You've got to be able to deliver a message to your customers, prospects, employees, investors and the media in a powerful and persuasive way. And if they don't get it, it's your job to make sure that they do.

With that in mind, I've come up with a list of ten ways to be a great communicator.

1. It's never about you, it's always about them. People need to feel that they are being listened to carefully and you understand what they want. Therefore, you need to focus on their dreams, aspirations, fears and goals. This empathetic approach helps you craft a message that resonates. When people believe you get where they are coming from, you get the business.

2. What are their explicit and implicit needs? J.P. Morgan once said that people have two reasons for everything they do: the good reasons and the real reasons. For example, someone might say that they are going to buy a Lexus instead of a Toyota because the Lexus is safe and well made. This is the "good" reason, but in reality both cars are fairly comparable in these areas. The "real" reason may be that the Lexus is more expensive and prestigious than the Toyota and therefore makes them feel good about themselves. It tells the world that they are important or affluent. When they reach their destination in a Lexus, they have really arrived. Ultimately, both the explicit and implicit answers are valid.

3. Listen between the lines. Be an intuitive listener. What are these people's real needs--not just the presenting ones? People will tell you just about everything you need to know if you just stop talking and listen. Really, really listen.

4. Tell great stories. Stories build an emotional connection between you and your listener's imagination. Facts are important, but stories stay with us long after the factual details are forgotten. What's the bible? It's a series of great stories designed to teach valuable lessons.

5. Feelings count. People often don't remember what you said, but they always remember how you made them feel.

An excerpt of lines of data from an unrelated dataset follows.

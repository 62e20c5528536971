-- ===== src/Order/Pricing.antt =====
-- The data of service-request/entities/requested-service-package.entity.ts, and how its prices
-- follow from its quotations. Ids and group codes are only compared and
-- tested for presence, so they are natural numbers.
use vz.Common.{ℕ, String, Option, none, some, List}
use vz.Common.Int.{ℤ, pos, ◌-ℤ◌, ◌*ℤ◌}
use vz.Order.Report.{TechnicalReport}
use vz.Order.Quotation.{
  ConsumerQuotation, ServiceProviderQuotation, StringMethods, sort_consumer_quotations,
  sort_service_provider_quotations, lowest_consumer_quotation_tier_based_on_quantity,
  lowest_service_provider_quotation_tier_based_on_quantity,
}

-- What the getters of `IServicePackage` return. Its quotations are there.
pub record ServicePackage : Type 0 where
  pub id : ℕ
  pub group_code : Option ℕ
  pub unit_service_minutes : ℕ
  pub name : String
  pub service_types_entitlement : ℕ
  pub consumer_quotations : List ConsumerQuotation
  pub service_provider_quotations : List ServiceProviderQuotation

-- The six columns `consumerQuotation...`, and the same six `serviceProviderQuotation...`.
pub record Price : Type 0 where
  pub discounted_unit_price : ℤ
  pub min_quantity : ℕ
  pub sub_total : ℤ
  pub total : ℤ
  pub unit_price : ℤ
  pub discount_amount : ℤ

pub record RequestedServicePackage : Type 0 where
  pub name : String
  pub consumer_quotations : Option (List ConsumerQuotation)
  pub service_provider_quotations : Option (List ServiceProviderQuotation)
  pub consumer : Price
  pub service_provider : Price
  pub quantity : ℕ
  pub service_types_entitlement : ℕ
  pub service_provider_quotation_state : Option String
  pub service_package_id : ℕ
  pub service_package_group_code : Option ℕ
  pub service_package_group_quantity : ℕ
  pub technical_report : Option TechnicalReport
  pub total_service_minutes : ℕ
  pub unit_service_minutes : ℕ

abbrev pub tier_unit_price : Option ConsumerQuotation → ℤ
tier_unit_price none = pos 0
tier_unit_price (some q) = q.unit_price

abbrev pub tier_min_quantity : Option ConsumerQuotation → ℕ
tier_min_quantity none = 0
tier_min_quantity (some q) = q.min_quantity

abbrev pub provider_unit_price : Option ServiceProviderQuotation → ℤ
provider_unit_price none = pos 0
provider_unit_price (some q) = q.unit_price

abbrev pub provider_min_quantity : Option ServiceProviderQuotation → ℕ
provider_min_quantity none = 0
provider_min_quantity (some q) = q.min_quantity

-- `quotation?.state || ''`
abbrev provider_state : Option ServiceProviderQuotation → Option String
provider_state none = some ""
provider_state (some q) = elim q.state [ none ↦ some "" | some s ↦ some s ]

-- Legacy rows have no quotations, and are left as they are. The sort is in place.
unfoldable pub reflect_consumer_discounted_quotations :
    ℕ → RequestedServicePackage → RequestedServicePackage
reflect_consumer_discounted_quotations quantity r = elim r.consumer_quotations [
  | none ↦ r
  | some qs ↦
      let tier = lowest_consumer_quotation_tier_based_on_quantity quantity qs in
      record r {
        consumer_quotations = some (sort_consumer_quotations qs);
        consumer = record (r.consumer) {
          min_quantity = tier_min_quantity tier;
          discounted_unit_price = tier_unit_price tier;
        };
      }
]

unfoldable pub reflect_consumer_original_quotations :
    ℕ → RequestedServicePackage → RequestedServicePackage
reflect_consumer_original_quotations quantity r = elim r.consumer_quotations [
  | none ↦ r
  | some qs ↦
      let tier = lowest_consumer_quotation_tier_based_on_quantity quantity qs in
      record r {
        consumer_quotations = some (sort_consumer_quotations qs);
        consumer = record (r.consumer) { unit_price = tier_unit_price tier };
      }
]

-- `subTotal`, `total` and `discountAmount` of `calculateConsumerTotals` and of
-- `calculateServiceProviderTotals`.
abbrev pub calculate_price : ℕ → Price → Price
calculate_price quantity p =
    let sub = pos quantity *ℤ p.unit_price in
    let all = pos quantity *ℤ p.discounted_unit_price in
    record p { sub_total = sub; total = all; discount_amount = sub -ℤ all }

unfoldable pub calculate_consumer_totals : ℕ → RequestedServicePackage → RequestedServicePackage
calculate_consumer_totals quantity r = record r { consumer = calculate_price quantity r.consumer }

unfoldable pub calculate_service_provider_totals :
    ℕ → RequestedServicePackage → RequestedServicePackage
calculate_service_provider_totals quantity r = record r {
  service_provider = calculate_price quantity r.service_provider;
}

module _ (texts : StringMethods) where
  unfoldable pub reflect_service_provider_discounted_quotations :
      ℕ → Option String → RequestedServicePackage → RequestedServicePackage
  reflect_service_provider_discounted_quotations quantity state r =
      elim r.service_provider_quotations [
        | none ↦ r
        | some qs ↦
            let tier =
              lowest_service_provider_quotation_tier_based_on_quantity texts quantity state qs in
            record r {
              service_provider_quotations = some (sort_service_provider_quotations qs);
              service_provider = record (r.service_provider) {
                min_quantity = provider_min_quantity tier;
                discounted_unit_price = provider_unit_price tier;
              };
            }
      ]

  unfoldable pub reflect_service_provider_original_quotations :
      ℕ → Option String → RequestedServicePackage → RequestedServicePackage
  reflect_service_provider_original_quotations quantity state r =
      elim r.service_provider_quotations [
        | none ↦ r
        | some qs ↦
            let tier =
              lowest_service_provider_quotation_tier_based_on_quantity texts quantity state qs in
            record r {
              service_provider_quotations = some (sort_service_provider_quotations qs);
              service_provider = record (r.service_provider) {
                unit_price = provider_unit_price tier;
              };
              service_provider_quotation_state = provider_state tier;
            }
      ]
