-- ===== src/Order/Package.antt =====
-- service-request/entities/requested-service-package.entity.ts: one line of an order, with the
-- quotations that were in force when it was made.
use vz.Common.{ℕ, ◌*◌, String, Option, none, some, List, ◌==◌, chain, if◌then◌else◌}
use vz.Common.Int.{pos}
use vz.Common.Results.{Result, ok, ◌>>=◌, ◌>>◌, throw_if, required}
use vz.Shared.Errors.{user_input}
use vz.Order.Report.{
  TechnicalReport, TechnicalNote, generate, num_of_notes, is_blank, replace_notes,
}
use vz.Order.Quotation.{StringMethods}
use vz.Order.Pricing.{
  ServicePackage, Price, RequestedServicePackage, reflect_consumer_discounted_quotations,
  reflect_consumer_original_quotations, calculate_consumer_totals,
  calculate_service_provider_totals, reflect_service_provider_discounted_quotations,
  reflect_service_provider_original_quotations,
}

-- `this.technicalReport?.numOfNotes() !== this.quantity`
abbrev pub report_for : ℕ → Option TechnicalReport → TechnicalReport
report_for quantity none = generate quantity
report_for quantity (some t) = if num_of_notes t == quantity then t else generate quantity

unfoldable pub replace_notes_in_technical_report :
    List TechnicalNote → RequestedServicePackage → Result RequestedServicePackage
replace_notes_in_technical_report notes r = do
  t ← required r.technical_report
  t' ← replace_notes notes t
  ok (record r { technical_report = some t' })

abbrev no_price : Price
no_price = record {
  discounted_unit_price = pos 0;
  min_quantity = 0;
  sub_total = pos 0;
  total = pos 0;
  unit_price = pos 0;
  discount_amount = pos 0;
}

-- The fields of the new object that are undefined before `reviseFromNewQuotations` sets them.
abbrev pub snapshot : Option String → ServicePackage → RequestedServicePackage
snapshot state svp = record {
  name = svp.name;
  consumer_quotations = some svp.consumer_quotations;
  service_provider_quotations = some svp.service_provider_quotations;
  consumer = no_price;
  service_provider = no_price;
  quantity = 0;
  service_types_entitlement = 0;
  service_provider_quotation_state = state;
  service_package_id = svp.id;
  service_package_group_code = none;
  service_package_group_quantity = 0;
  technical_report = none;
  total_service_minutes = 0;
  unit_service_minutes = 0;
}

module _ (texts : StringMethods) where
  unfoldable pub change_service_package :
      ServicePackage → RequestedServicePackage → RequestedServicePackage
  unfolding reflect_consumer_original_quotations reflect_service_provider_original_quotations
  change_service_package svp r =
      let described = record r {
        service_package_id = svp.id;
        service_package_group_code = svp.group_code;
        unit_service_minutes = svp.unit_service_minutes;
        name = svp.name;
        service_types_entitlement = svp.service_types_entitlement;
      } in
      let priced = reflect_consumer_original_quotations 1 described in
      reflect_service_provider_original_quotations texts 1 priced.service_provider_quotation_state
        priced

  unfoldable pub change_quantity : ℕ → RequestedServicePackage → RequestedServicePackage
  unfolding reflect_consumer_discounted_quotations reflect_service_provider_discounted_quotations
      calculate_consumer_totals calculate_service_provider_totals
  change_quantity quantity r =
      let counted = record r {
        quantity = quantity;
        technical_report = some (report_for quantity r.technical_report);
        total_service_minutes = quantity * r.unit_service_minutes;
      } in
      let consumer =
        calculate_consumer_totals quantity
          (reflect_consumer_discounted_quotations quantity counted) in
      calculate_service_provider_totals quantity (
        reflect_service_provider_discounted_quotations texts quantity
          consumer.service_provider_quotation_state consumer)

  unfoldable pub revise_from_new_quotations :
      ServicePackage → ℕ → RequestedServicePackage → RequestedServicePackage
  unfolding change_service_package change_quantity
  revise_from_new_quotations svp quantity r =
      change_quantity quantity (change_service_package svp r)

  -- The tiers of the group's quantity, and the totals of the package's own. The group's quantity
  -- is a sum of quantities, so the test that it is below 0 does not stand here.
  unfoldable pub apply_group_quantity : ℕ → RequestedServicePackage → RequestedServicePackage
  unfolding reflect_consumer_discounted_quotations reflect_service_provider_discounted_quotations
      calculate_consumer_totals calculate_service_provider_totals
  apply_group_quantity group_quantity r =
      let grouped = record r { service_package_group_quantity = group_quantity } in
      let consumer =
        calculate_consumer_totals r.quantity
          (reflect_consumer_discounted_quotations group_quantity grouped) in
      calculate_service_provider_totals r.quantity (
        reflect_service_provider_discounted_quotations texts group_quantity
          consumer.service_provider_quotation_state consumer)

  -- The early return of `changeServicePackageGroupQuantity`, for a quantity that is undefined or
  -- 0, and the rest of it.
  unfoldable pub regroup : Option ℕ → RequestedServicePackage → RequestedServicePackage
  regroup none r = record r { service_package_group_quantity = 0 }
  regroup (some n) r =
      if n == 0 then record r { service_package_group_quantity = 0 } else apply_group_quantity n r

  -- `groups[this.servicePackageGroupCode]`, where there is a code.
  unfoldable pub change_service_package_group_quantity :
      (ℕ → Option ℕ) → RequestedServicePackage → RequestedServicePackage
  unfolding regroup
  change_service_package_group_quantity groups r =
      regroup (chain r.service_package_group_code groups) r

  -- The constructor, neither its quantity nor its package undefined. The package is an object, so
  -- the test that it is not null does not stand here.
  unfoldable pub new_requested_service_package :
      ℕ → String → ServicePackage → Result RequestedServicePackage
  unfolding revise_from_new_quotations
  new_requested_service_package quantity state svp = do
    throw_if (is_blank (some (texts.trim state)))
        (user_input "customer address state can't be null")
    ok (revise_from_new_quotations svp quantity (snapshot (some state) svp))
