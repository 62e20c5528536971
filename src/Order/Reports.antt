-- ===== src/Order/Reports.antt =====
-- Technical reports: technical-report.entity.ts.
use vz.Common.{
  ℕ, zero, suc, ◌+◌, ◌<◌, ◌≡◌, refl, sym, ◌∙◌, true, false, ap, List, [], ◌∷◌, map, arith, length,
  length-map, All, some, ◌↔◌, Option-cases, inl, inr,
}
use vz.Common.Results.{ok, >>=-eq-ok, ok-injective}
use vz.Order.Report.{
  TechnicalNote, TechnicalReport, is_pending, pending_notes, calculate_has_been_completed,
  new_report, replace_note, replace_all, replace_notes, num_of_notes, notes_from, generate,
}

length-notes_from : (i n : ℕ) → length (notes_from i n) ≡ n
unfolding notes_from
length-notes_from i zero = refl
length-notes_from i (suc n) = ap suc (length-notes_from (i + 1) n)

pub num_of_notes-generate : (n : ℕ) → num_of_notes (generate n) ≡ n
unfolding generate new_report
num_of_notes-generate n = length-notes_from 0 n

-- The ids stay where they are.
abbrev ids : List TechnicalNote → List ℕ
ids = map (λ n. n.id)

replace_note-ids :
    (new : TechnicalNote) (notes notes' : List TechnicalNote)
    → replace_note new notes ≡ some notes'
    → ids notes' ≡ ids notes
unfolding replace_note
replace_note-ids new [] notes' h = cc
replace_note-ids new (n ∷ ns) notes' h = elim (Option-cases (replace_note new ns)) [
  | inl missing ↦ ground arith
  | inr (ms, found) ↦ ground (arith, replace_note-ids new ns ms found)
]

replace_all-ids :
    (news notes : List TechnicalNote) {notes' : List TechnicalNote}
    → replace_all news notes ≡ ok notes'
    → ids notes' ≡ ids notes
unfolding replace_all
replace_all-ids [] notes h = ap ids (sym (ok-injective h))
replace_all-ids (new ∷ news) notes h = elim (Option-cases (replace_note new notes)) [
  | inl missing ↦ ground arith
  | inr (ms, found) ↦
      replace_all-ids news ms (rw (found, replace_all) at h) ∙ replace_note-ids new notes ms found
]

abbrev pub IsFilled : List TechnicalNote → Type 0
IsFilled = All (λ n. is_pending n ≡ false)

pending_notes_iff : (notes : List TechnicalNote) → (pending_notes notes ≡ 0) ↔ IsFilled notes
unfolding pending_notes
pending_notes_iff [] = (λ _. tt, λ _. refl)
pending_notes_iff (n ∷ ns) = let (to, from) = pending_notes_iff ns in ground arith

calculate_has_been_completed_iff :
    (notes : List TechnicalNote)
    → (calculate_has_been_completed notes ≡ true) ↔ ((0 < length notes) × IsFilled notes)
unfolding calculate_has_been_completed
calculate_has_been_completed_iff notes = let (to, from) = pending_notes_iff notes in ground arith

length-ids : (xs ys : List TechnicalNote) → ids xs ≡ ids ys → length xs ≡ length ys
length-ids xs ys e = sym (length-map xs _) ∙ ap length e ∙ length-map ys _

-- Notes that are handed in replace those of the same ids: a report keeps the ids of its notes in
-- their order, so also their number, and is completed exactly when it has a note and every note
-- has a model and a serial number.
pub replace_notes_lem :
    (news : List TechnicalNote) (r r' : TechnicalReport)
    → replace_notes news r ≡ ok r'
    → (map (λ n. n.id) r'.notes ≡ map (λ n. n.id) r.notes)
      × (num_of_notes r' ≡ num_of_notes r)
      × ((r'.completed ≡ true) ↔ ((0 < length r'.notes) × IsFilled r'.notes))
unfolding replace_notes new_report
replace_notes_lem news r r' h =
    let (notes, done, e) = >>=-eq-ok (replace_all news r.notes) _ h in
    let same = replace_all-ids news r.notes done in
    rw (← ok-injective e)
      (same, length-ids notes r.notes same, calculate_has_been_completed_iff notes)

Those who make others feel valued, respected, and good about themselves win people's confidence and business.

6. Ask good questions then keep quiet and listen. People often reveal more than they realize. What you learn may be the extra information you need to better communicate your message.

7. Differentiate. How does your product, service or idea differ from everything else out there? Fox News Channel chose not to compete with the already established and popular all news network CNN. Fox distinguished itself be becoming the conservative alternative to its rival. In this way, Fox established a whole new category.

8. It's not what you say, but how you say it. You have to answer the listeners' question: What's in it for me? You have to make compelling arguments for your case and their interests. In other words, make it relevant to their lives.

9. Be aspirational. Connect to the listener's desire for something better. Our imagination goes beyond our self limiting beliefs. A client of ours is running for re-election as prime minister of his country. We've counseled him to not only talk about what his party has done or is doing for the benefit of his country, but to speak about his exciting plans for the future. People want a sense of hope. They want to believe that there is a better tomorrow.

10. Be brief. Brevity is not only the soul of wit, but of good communications. People today have the attention span of a three year old. They are half listening to you while they are cruising through their BlackBerrys. Get to the point. Get their attention. And keep it simple.